> [Exercise brief]: Which lines of the records contain "product"? Collect every one of them.

> [Stored items]:
---
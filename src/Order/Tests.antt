-- ===== src/Order/Tests.antt =====
-- Orders at one account of 5000 USD with the bank's own account beside it.
use exbanka_4_backend.Shared.Tests.{
  ◌≤◌, ◌≡◌, ◌⊎◌, ◌*◌, ◌/◌, ◌↔◌, refl, arith, true, false, none, some, List, [], ◌∷◌, str_eq, ◌||◌,
  if◌then◌else◌,
}
use exbanka_4_backend.Shared.Int.{ℤ, pos, ◌+ℤ◌, -ℤ◌, ◌≤ℤ◌, ◌<ℤ◌, pos_part}
use exbanka_4_backend.Shared.Cents.{of_cents}
use exbanka_4_backend.Shared.Table.{find_where, update_where, count_where}
use exbanka_4_backend.Shared.Float.{Float, MulNonneg}
use exbanka_4_backend.Shared.Account.{Account, Currency, credit}
use exbanka_4_backend.Shared.Database.{Outages, err, internal}
use exbanka_4_backend.Shared.Ensures.{Ensures}
use exbanka_4_backend.Order.State.{Order, Actuary, Store, has_employee}
use exbanka_4_backend.Order.Pricing.{
  calculate_price, calculate_commission, fill_interval, needs_approval,
}
use exbanka_4_backend.Order.Limits.{
  calculate_price_market, calculate_price_limit, calculate_commission_bounds, fill_interval_bound,
  needs_approval_iff,
}
use exbanka_4_backend.Order.Approval.{use_limit, order_total}
use exbanka_4_backend.Order.Decisions.{
  Decision, approve, decline, run_decisions, run_decisions_once,
}
use exbanka_4_backend.Order.Settlement.{settle, can_pay}
use exbanka_4_backend.Order.Funds.{NoOverdraft, settle-NoOverdraft, settle_lost}
use exbanka_4_backend.Order.Execution.{Tick, execute_loop}
use exbanka_4_backend.Order.Within.{filled}
use exbanka_4_backend.Order.Fills.{execute_loop-filled}

-- A float that multiplies by nothing but the naturals.
abbrev product : ℤ → ℤ → ℤ
product a b = pos (pos_part a * pos_part b / 1000000)

abbrev float : Float
float = record { mul = product; div = λ a b. a; pow = λ a n. a; round_cents = λ a. a }

float-MulNonneg : MulNonneg float
float-MulNonneg a b ha hb = omega arith

calculate_price_market_example : pos 101 ≡ (if str_eq "BUY" "BUY" then pos 101 else pos 99)
calculate_price_market_example =
    calculate_price_market "LIMIT" "BUY" (pos 101) (pos 99) (pos 105) (pos 0) (pos 101)
      (unfold calculate_price in refl)

calculate_price_limit_example :
    (if str_eq "SELL" "BUY" then pos 99 else pos 95)
    ≤ℤ (if str_eq "SELL" "BUY" then pos 95 else pos 99)
calculate_price_limit_example =
    calculate_price_limit "STOP_LIMIT" "SELL" (pos 101) (pos 99) (pos 95) (pos 100) (pos 99) refl
      (unfold calculate_price in refl)

calculate_commission_bounds_example :
    (pos 0 ≤ℤ calculate_commission float "MARKET" (pos 100000000))
    × (calculate_commission float "MARKET" (pos 100000000) ≤ℤ (
        if str_eq "MARKET" "MARKET" || str_eq "MARKET" "STOP" then pos 7000000 else pos 12000000))
calculate_commission_bounds_example =
    calculate_commission_bounds float "MARKET" (pos 100000000) float-MulNonneg (omega arith)

fill_interval_bound_example : fill_interval (pos 5000) 10 true 77 ≤ (if true then 3240 else 1440)
fill_interval_bound_example = fill_interval_bound (pos 5000) 10 true 77

needs_approval_iff_example :
    (needs_approval false (pos 60) (pos 100) (pos 30) "BUY" ≡ false)
    ↔ ((pos 60 <ℤ pos 100) × (pos 60 +ℤ pos 30 ≤ℤ pos 100))
needs_approval_iff_example = needs_approval_iff (pos 60) (pos 100) (pos 30)

abbrev buyer : Account
buyer = record {
  id = 1;
  account_number = "265000111";
  owner_id = 7;
  currency_id = 4;
  account_type = "personal";
  status = "ACTIVE";
  balance = pos 500000;
  available_balance = pos 500000;
  daily_limit = none;
  monthly_limit = none;
  daily_spent = pos 0;
  monthly_spent = pos 0;
}

abbrev bank : Account
bank = record buyer { id = 2; account_number = "BANK-USD-001"; owner_id = 0; account_type = "BANK" }

abbrev dollar : Currency
dollar = record { id = 4; code = "USD" }

abbrev order : Order
order = record {
  id = 9;
  user_id = 3;
  user_type = "EMPLOYEE";
  asset_id = 1;
  order_type = "MARKET";
  quantity = 4;
  contract_size = 1;
  price_per_unit = pos 100000000;
  limit_value = none;
  stop_value = none;
  direction = "BUY";
  status = "PENDING";
  approved_by = none;
  is_done = false;
  remaining_portions = 4;
  after_hours = false;
  is_aon = false;
  is_margin = false;
  account_id = 1;
  fund_id = 0;
  commission_paid = pos 0;
}

abbrev declined : Order
declined = record order { id = 10; status = "DECLINED" }

abbrev agent : Actuary
agent = record {
  employee_id = 3;
  limit_amount = pos 100000000000;
  used_limit = pos 0;
  need_approval = true;
}

abbrev store : Store
store = record {
  orders = order ∷ declined ∷ [];
  portions = [];
  actuaries = agent ∷ [];
  accounts = buyer ∷ bank ∷ [];
  currencies = dollar ∷ [];
  rates = [];
}

-- An approval that breaks off, a second one, and a decline.
abbrev decisions : List (Decision × Outages)
decisions = (approve 1, false ∷ true ∷ []) ∷ (approve 1, []) ∷ (decline 2, []) ∷ []

run_decisions_once_example :
    let s' = run_decisions float 9 decisions store in
    (s'.actuaries ≡ agent ∷ [])
    ⊎ (s'.actuaries
        ≡ update_where (has_employee 3) (use_limit (order_total float order)) (agent ∷ []))
run_decisions_once_example =
    run_decisions_once float 9 decisions store order (unfold find_where in refl)

settle-NoOverdraft_example :
    Ensures (λ _. NoOverdraft) (settle float order (pos 400000000) (pos 7000000) "USD") store
settle-NoOverdraft_example =
    settle-NoOverdraft float order (pos 400000000) (pos 7000000) "USD" store refl
      (unfold count_where in refl)

settle_lost_example :
    let (r, s', _) =
      settle float order
        (pos 400000000)
        (pos 7000000)
        "USD"
        store
        (false ∷ false ∷ false ∷ true ∷ []) in
    (r ≡ err internal)
    × (s'.accounts
        ≡ update_where
            (can_pay 1 (pos 400000000 +ℤ pos 7000000))
            (credit (-ℤ◌ (pos 400000000 +ℤ pos 7000000)))
            (buyer ∷ bank ∷ []))
settle_lost_example =
    settle_lost float order (pos 400000000) (pos 7000000) buyer dollar store refl
      (unfold find_where in refl) (unfold find_where in refl) refl (unfold ◌+ℤ◌ of_cents in refl)

-- A price that is missing, a fill, and a fill whose portion is not stored.
abbrev ticks : List Tick
ticks =
    record { listing = none; draw = 0 }
    ∷ record { listing = some (record { ask = pos 100000000; bid = pos 99000000 }); draw = 2 }
    ∷ record { listing = some (record { ask = pos 101000000; bid = pos 99000000 }); draw = 5 }
    ∷ []

execute_loop-filled_example :
    filled 9 (execute_loop float order "USD" ticks 4 store []).1.portions ≤ 4
execute_loop-filled_example = execute_loop-filled float order "USD" ticks store [] (omega arith)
---
> [Solution to this task]:
abbrev product : ℤ → ℤ → ℤ
product a b = pos (pos_part a * pos_part b / 1000000)
float = record { mul = product; div = λ a b. a; pow = λ a n. a; round_cents = λ a. a }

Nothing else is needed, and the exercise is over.